══ MATERIAL PROVIDED ══

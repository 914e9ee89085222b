-- ===== src/TwoFactor/Login.antt =====
-- apps/api/src/auth/totp.service.ts: `verifyForLogin` and what it calls. Its transaction, behind the lock on
-- the member's row, is one step. An exception rolls it back, so that an error leaves the store.
pub mod Steps
pub mod Guesses
pub mod Progress
use Prim.Native.String.{String}
use nudgeon_platform.Common.{
  ℕ, zero, suc, ◌+◌, ◌*◌, ◌&&◌, ◌||◌, Bool, true, false, List, [], ◌∷◌, ◌++◌, Option, none, some,
  ◌==◌, ltb, leb, if◌then◌else◌, is_none, first_row, update_rows, count_rows, length, take, drop,
  Result, ok, err,
}
use nudgeon_platform.Accounts.{Member, BackupCode, Store}
use nudgeon_platform.Envelope.{Cipher, Envelope, decrypt_envelope}
use nudgeon_platform.TwoFactor.Totp.{is_space, without, units, uint32_be, verify_totp}

-- What Node and argon2 do, and the master key that the environment gives (none is an exception).
pub record Host : Type 0 where
  pub cipher : Cipher
  pub master_key : Option (List ℕ)
  pub from_base64 : String → List ℕ
  pub hmac : List ℕ → List ℕ → List ℕ
  pub argon_verify : String → String → Bool
  pub to_upper : String → String

abbrev pub max_failed : ℕ
max_failed = 5

abbrev pub lock_minutes : ℕ
lock_minutes = 15

-- `locked` is the UnauthorizedException, and `undecryptable` what `decryptSecret` throws.
pub data LoginError : Type 0 where
  locked undecryptable : LoginError

abbrev pub pack_envelope : Envelope → List ℕ
pack_envelope env = uint32_be (length env.ciphertext) ++ (env.ciphertext ++ env.dek_wrapped)

-- `unpackEnvelope`; `readUInt32BE` throws on a short buffer.
abbrev pub unpack_envelope : List ℕ → Option Envelope
unpack_envelope (a ∷ b ∷ c ∷ d ∷ rest) =
    let n = a * 16777216 + b * 65536 + c * 256 + d in
    some (record { ciphertext = take n rest; dek_wrapped = drop n rest })
unpack_envelope _ = none

abbrev pub decrypt_with : Cipher → Option (List ℕ) → Option Envelope → Option String
decrypt_with cipher none env = none
decrypt_with cipher (some key) none = none
decrypt_with cipher (some key) (some env) = decrypt_envelope cipher key env

abbrev pub decoded : (String → List ℕ) → Option String → Option (List ℕ)
decoded from_base64 none = none
decoded from_base64 (some text) = some (from_base64 text)

unfoldable pub decrypt_secret : Host → List ℕ → Option (List ℕ)
decrypt_secret host bytes =
    decoded host.from_base64 (decrypt_with host.cipher host.master_key (unpack_envelope bytes))

-- `[\s-]`.
abbrev pub is_filler : ℕ → Bool
is_filler c = is_space c || c == 45

unfoldable pub normalize_backup_code : Host → String → String
normalize_backup_code host text = host.to_upper (without is_filler text)

abbrev pub is_member : ℕ → Member → Bool
is_member member_id m = m.id == member_id

unfoldable pub update_member : ℕ → (Member → Member) → Store → Store
update_member member_id f s = record s { members = update_rows (is_member member_id) f s.members }

-- The member's codes that are not used.
abbrev pub is_unused : ℕ → BackupCode → Bool
is_unused member_id c = c.member_id == member_id && is_none c.used_at

abbrev pub is_open_code : ℕ → BackupCode → Bool
is_open_code id c = c.id == id && is_none c.used_at

abbrev pub use_code : ℕ → BackupCode → BackupCode
use_code now c = record c { used_at = some now }

-- The update at the row that matches, and whether it was one row.
unfoldable pub consume : Option BackupCode → ℕ → Store → Bool × Store
consume none now s = (false, s)
consume (some r) now s = (
  count_rows (is_open_code r.id) s.backup_codes == 1,
  record s { backup_codes = update_rows (is_open_code r.id) (use_code now) s.backup_codes },
)

abbrev pub is_matching : Host → ℕ → String → BackupCode → Bool
is_matching host member_id norm c = is_unused member_id c && host.argon_verify c.code_hash norm

-- `tryBackupCode`.
unfoldable pub try_backup_code : Host → ℕ → String → ℕ → Store → Bool × Store
try_backup_code host member_id token now s =
    let norm = normalize_backup_code host token in
    if ltb (units norm) 8
    then (false, s)
    else consume (first_row (is_matching host member_id norm) s.backup_codes) now s

abbrev pub is_locked : Option ℕ → ℕ → Bool
is_locked none now = false
is_locked (some until) now = ltb now until

abbrev pub accept_counter : ℕ → Member → Member
accept_counter counter m = record m {
  totp_last_counter = some counter;
  totp_failed_count = 0;
  totp_locked_until = none;
}

abbrev pub reset_failures : Member → Member
reset_failures m = record m { totp_failed_count = 0; totp_locked_until = none }

abbrev pub lock_row : ℕ → Member → Member
lock_row now m = record m {
  totp_failed_count = 0;
  totp_locked_until = some (now + lock_minutes * 60000);
}

abbrev pub set_failed : ℕ → Member → Member
set_failed failed m = record m { totp_failed_count = failed }

-- The update of a failed attempt, where the row that was read has so many.
unfoldable pub fail_with : ℕ → ℕ → Member → Member
fail_with failed_count now m =
    if leb max_failed (suc failed_count) then lock_row now m else set_failed (suc failed_count) m

-- What follows the attempt with a backup code.
unfoldable pub login_backup : ℕ → Member → ℕ → Bool × Store → Bool × Store
login_backup member_id m now (true, s) = (true, update_member member_id reset_failures s)
login_backup member_id m now (false, s) =
    (false, update_member member_id (fail_with m.totp_failed_count now) s)

module _ (host : Host) where
  -- What follows `verifyTotp`.
  unfoldable pub login_code : ℕ → Member → String → ℕ → Store → Option ℕ → Bool × Store
  login_code member_id m token now s (some counter) =
      (true, update_member member_id (accept_counter counter) s)
  login_code member_id m token now s none =
      login_backup member_id m now (try_backup_code host member_id token now s)

  unfoldable pub login_secret :
      ℕ → Member → String → ℕ → Store → Option (List ℕ) → Result LoginError (Bool × Store)
  login_secret member_id m token now s none = err undecryptable
  login_secret member_id m token now s (some secret) = ok (
      login_code member_id m token now s
        (verify_totp host.hmac secret token now 1 6 m.totp_last_counter))

  unfoldable pub login_enrolled :
      ℕ
      → Member
      → String
      → ℕ
      → Store
      → Option ℕ
      → Option (List ℕ)
      → Result LoginError (Bool × Store)
  login_enrolled member_id m token now s none secret = ok (false, s)
  login_enrolled member_id m token now s (some at) none = ok (false, s)
  login_enrolled member_id m token now s (some at) (some secret) =
      if is_locked m.totp_locked_until now
      then err locked
      else login_secret member_id m token now s (decrypt_secret host secret)

  unfoldable pub login_row :
      ℕ → String → ℕ → Store → Option Member → Result LoginError (Bool × Store)
  login_row member_id token now s none = ok (false, s)
  login_row member_id token now s (some m) =
      login_enrolled member_id m token now s m.totp_enabled_at m.totp_secret_enc

  unfoldable pub verify_for_login : ℕ → String → ℕ → Store → Result LoginError (Bool × Store)
  verify_for_login member_id token now s =
      login_row member_id token now s (first_row (is_member member_id) s.members)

═══

> [PROMPT]: Restate the data verbatim through the "pub mod Steps" line.

> [COMPLETED TASK]:
repository 914e9ee89085222b
-- ===== src/TwoFactor/Login.antt =====
-- apps/api/src/auth/totp.service.ts: `verifyForLogin` and what it calls. Its transaction, behind the lock on
-- the member's row, is one step. An exception rolls it back, so that an error leaves the store.
pub mod Steps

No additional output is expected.